NEW YORK (Reuters) - Second-quarter earnings for S&P 500 companies are expected to have declined fractionally from the year-ago quarter, according to IBES data released on Wednesday from Refinitiv, with estimates for the just-finished period turning negative after gradually declining for weeks.
Analysts expect earnings for the quarter to have slipped 0.005%. If that forecast holds true, it would mark the first quarterly decline in earnings for companies in Wall Street's benchmark S&P 500 .SPX index since 2016, based on Refinitiv's data.

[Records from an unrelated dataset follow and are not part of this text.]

-- ===== src/Regmerge/Optimizer/Fate.antt =====
-- What a list of operations does to one registry value, independently of the optimiser: the value is
-- given by the normalised path of its key and by its name, up to any folding of names.
use hivekit.Common.{
  ℕ, List, [], ◌∷◌, ◌≡◌, refl, ap, arith, Bool, true, false, Option, none, some, ◌&&◌, ◌||◌, length,
  ◌==◌, if◌then◌else◌, Bool-cases, inl, inr,
}
use hivekit.Common.Bytes.{Bytes}
use hivekit.Format.Consts.{bytes_equal}
use hivekit.Regmerge.Paths.Ancestors.{is_ancestor}
use hivekit.Regmerge.Ordering.{EditOp, set_value, delete_value, create_key, delete_key, unknown}

-- A key is within another one when it is that key or below it; the empty path is the root.
unfoldable pub is_within : Bytes → Bytes → Bool
unfolding is_ancestor bytes_equal
is_within d path = (length d == 0) || bytes_equal d path || is_ancestor d path

-- The content of a value: its type and its data, or none.
abbrev pub Content : Type 0
Content = Option (ℕ × Bytes)

-- How names are compared and paths are normalised, and the value that is looked at.
pub record Target : Type 0 where
  pub normalize : Bytes → Bytes
  pub fold : Bytes → Bytes
  pub path : Bytes
  pub name : Bytes

unfoldable pub is_target : Target → Bytes → Bytes → Bool
unfolding bytes_equal
is_target t path name = bytes_equal path t.path && bytes_equal (t.fold name) t.name

-- What an operation leaves of the content.
unfoldable pub run_op : Target → EditOp → Content → Content
unfolding is_target is_within
run_op t (set_value path name type buffer) c =
    if is_target t (t.normalize path) name then some (type, buffer) else c
run_op t (delete_value path name) c = if is_target t (t.normalize path) name then none else c
run_op t (delete_key path recursive) c = if is_within (t.normalize path) t.path then none else c
run_op t (create_key path) c = c
run_op t unknown c = c

-- The operations in their order.
unfoldable pub run_ops : Target → List EditOp → Content → Content
unfolding run_op
run_ops t [] c = c
run_ops t (op ∷ ops) c = run_ops t ops (run_op t op c)

-- The operation decides on the content, whatever it was.
unfoldable pub decides : Target → EditOp → Bool
unfolding is_target is_within
decides t (set_value path name type buffer) = is_target t (t.normalize path) name
decides t (delete_value path name) = is_target t (t.normalize path) name
decides t (delete_key path recursive) = is_within (t.normalize path) t.path
decides t (create_key path) = false
decides t unknown = false

unfoldable pub decided : Target → List EditOp → Bool
unfolding decides
decided t [] = false
decided t (op ∷ ops) = decides t op || decided t ops

pub run_op-decides :
    (t : Target) (op : EditOp) (c c' : Content)
    → decides t op ≡ true
    → run_op t op c ≡ run_op t op c'
unfolding decides run_op
run_op-decides t (set_value path name type buffer) c c' h = ground arith
run_op-decides t (delete_value path name) c c' h = ground arith
run_op-decides t (delete_key path recursive) c c' h = ground arith
run_op-decides t (create_key path) c c' h = ground arith
run_op-decides t unknown c c' h = ground arith

pub run_op-passes :
    (t : Target) (op : EditOp) (c : Content) → decides t op ≡ false → run_op t op c ≡ c
unfolding decides run_op
run_op-passes t (set_value path name type buffer) c h = ground arith
run_op-passes t (delete_value path name) c h = ground arith
run_op-passes t (delete_key path recursive) c h = ground arith
run_op-passes t (create_key path) c h = refl
run_op-passes t unknown c h = refl

-- Behind decided operations it does not matter what there was.
pub run_ops-decided :
    (t : Target) (ops : List EditOp) (c c' : Content)
    → decided t ops ≡ true
    → run_ops t ops c ≡ run_ops t ops c'
unfolding decided run_ops
run_ops-decided t [] c c' h = ground arith
run_ops-decided t (op ∷ ops) c c' h = elim (Bool-cases (decided t ops)) [
  | inl later ↦ run_ops-decided t ops (run_op t op c) (run_op t op c') later
  | inr not_later ↦ ap (run_ops t ops) (run_op-decides t op c c' (ground arith))
]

But actual earnings could end in positive territory since the majority of companies tend to beat analysts’ expectations when they report. That is what took place in the first-quarter reporting period, which was forecast to show an earnings decline but ended with profit growth of 1.6%.

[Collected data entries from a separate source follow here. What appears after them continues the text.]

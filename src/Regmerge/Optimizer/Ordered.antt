-- ===== src/Regmerge/Optimizer/Ordered.antt =====
-- What ordering does to a value: nothing, when every operation on the value is the last to decide.
use mathlib.Core.List.{Permᴰ}
use hivekit.Common.{
  List, [], ◌∷◌, ◌≡◌, refl, sym, ap, ◌∙◌, arith, All, Bool, true, false, none, ◌||◌, Bool-cases,
  inl, inr, if◌then◌else◌,
}
use hivekit.Common.Sorting.{All-perm, any, any-perm}
use hivekit.Regmerge.Ordering.{EditOp, set_value, delete_value, create_key, delete_key, unknown}
use hivekit.Regmerge.Optimizer.Fate.{
  is_within, Content, Target, is_target, run_op, run_ops, decides, decided, run_op-decides,
  run_op-passes,
}

-- The operation writes or deletes the value itself.
unfoldable pub sets : Target → EditOp → Bool
unfolding is_target
sets t (set_value path name type buffer) = is_target t (t.normalize path) name
sets t (delete_value path name) = is_target t (t.normalize path) name
sets t _ = false

-- The operation deletes its key or one above.
unfoldable pub deletes : Target → EditOp → Bool
unfolding is_within
deletes t (delete_key path recursive) = is_within (t.normalize path) t.path
deletes t _ = false

decides-or : (t : Target) (op : EditOp) → decides t op ≡ sets t op || deletes t op
unfolding decides sets deletes
decides-or t (set_value path name type buffer) = ground arith
decides-or t (delete_value path name) = ground arith
decides-or t (create_key path) = refl
decides-or t (delete_key path recursive) = refl
decides-or t unknown = refl

pub decided-or :
    (t : Target) (ops : List EditOp) → decided t ops ≡ any (sets t) ops || any (deletes t) ops
unfolding decided
decided-or t [] = refl
decided-or t (op ∷ ops) = ground (arith, decides-or t op, decided-or t ops)

-- Nothing decides behind an operation on the value.
abbrev pub SetsFinal : Target → List EditOp → Type 0
SetsFinal t [] = Unit {0}
SetsFinal t (op ∷ ops) = (sets t op ≡ true → decided t ops ≡ false) × SetsFinal t ops

-- No key is deleted behind an operation on the value.
abbrev pub SetsLast : Target → List EditOp → Type 0
SetsLast t [] = Unit {0}
SetsLast t (op ∷ ops) = (sets t op ≡ true → any (deletes t) ops ≡ false) × SetsLast t ops

run_ops-passes :
    (t : Target) (ops : List EditOp) (c : Content) → decided t ops ≡ false → run_ops t ops c ≡ c
unfolding decided run_ops
run_ops-passes t [] c h = refl
run_ops-passes t (op ∷ ops) c h =
    ap (run_ops t ops) (run_op-passes t op c (ground arith)) ∙ run_ops-passes t ops c (ground arith)

-- All operations on the value leave the content `k`.
abbrev SetTo : Target → Content → EditOp → Type 0
SetTo t k op = sets t op ≡ true → (c : Content) → run_op t op c ≡ k

sets-decides : (t : Target) (op : EditOp) → sets t op ≡ true → decides t op ≡ true
sets-decides t op h = ground (arith, decides-or t op)

SetsFinal-SetTo :
    (t : Target) (ops : List EditOp) (c : Content)
    → SetsFinal t ops
    → All (SetTo t (run_ops t ops c)) ops
unfolding run_ops
SetsFinal-SetTo t [] c h = tt
SetsFinal-SetTo t (op ∷ ops) c h = (
  λ s c'.
      run_op-decides t op c' c (sets-decides t op s)
      ∙ sym (run_ops-passes t ops (run_op t op c) (h.0 s)),
  SetsFinal-SetTo t ops (run_op t op c) h.1,
)

run_ops-SetTo :
    (t : Target) (k : Content) (ops : List EditOp) (c : Content)
    → All (SetTo t k) ops
    → SetsLast t ops
    → any (sets t) ops ≡ true
    → run_ops t ops c ≡ k
unfolding run_ops
run_ops-SetTo t k [] c a h s = ground arith
run_ops-SetTo t k (op ∷ ops) c a h s = elim (Bool-cases (any (sets t) ops)) [
  | inl later ↦ run_ops-SetTo t k ops (run_op t op c) a.1 h.1 later
  | inr none_later ↦
      let here : sets t op ≡ true = ground arith in
      run_ops-passes t ops (run_op t op c) (ground (arith, decided-or t ops, h.0 here)) ∙ a.0 here c
]

run_op-unset :
    (t : Target) (op : EditOp) (c : Content)
    → sets t op ≡ false
    → run_op t op c ≡ (if deletes t op then none else c)
unfolding run_op sets deletes
run_op-unset t (set_value path name type buffer) c h = ground arith
run_op-unset t (delete_value path name) c h = ground arith
run_op-unset t (delete_key path recursive) c h = refl
run_op-unset t (create_key path) c h = refl
run_op-unset t unknown c h = refl

run_ops-unset :
    (t : Target) (ops : List EditOp) (c : Content)
    → any (sets t) ops ≡ false
    → run_ops t ops c ≡ (if any (deletes t) ops then none else c)
unfolding run_ops
run_ops-unset t [] c h = refl
run_ops-unset t (op ∷ ops) c h =
    ground (
      arith,
      run_op-unset t op c (ground arith),
      run_ops-unset t ops (run_op t op c) (ground arith),
    )

-- A permutation in which no key is deleted behind an operation on the value does the same to it.
pub run_ops-perm :
    (t : Target) (xs ys : List EditOp) (c : Content)
    → Permᴰ xs ys
    → SetsFinal t xs
    → SetsLast t ys
    → run_ops t ys c ≡ run_ops t xs c
run_ops-perm t xs ys c p h l = elim (Bool-cases (any (sets t) xs)) [
  | inl s ↦
      run_ops-SetTo t (run_ops t xs c) ys c (All-perm _ p (SetsFinal-SetTo t xs c h)) l
        (sym (any-perm (sets t) p) ∙ s)
  | inr u ↦
      run_ops-unset t ys c (sym (any-perm (sets t) p) ∙ u)
      ∙ ap (λ b. if b then none else c) (sym (any-perm (deletes t) p))
      ∙ sym (run_ops-unset t xs c u)
]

The second-quarter earnings season is due to start in earnest in less than two weeks.
Still, strategists note that guidance from companies for the second quarter has been more negative than recent quarters.
S&P 500 companies have been issuing negative outlooks for the second quarter at the highest rate since the first quarter of 2016, Nicholas Colas, co-founder of DataTrek Research, wrote in a research note Wednesday, citing data from FactSet.
So far, 87 have guided downward compared with an average of 74 per quarter going back to 2006, with technology companies responsible for most of the increase in warnings, he wrote.
Colas said lower global interest rates are largely responsible for the significantly higher valuation for the S&P 500 as it has returned to record highs after a strong six-month run.
“Corporate earnings have been stable,” he wrote.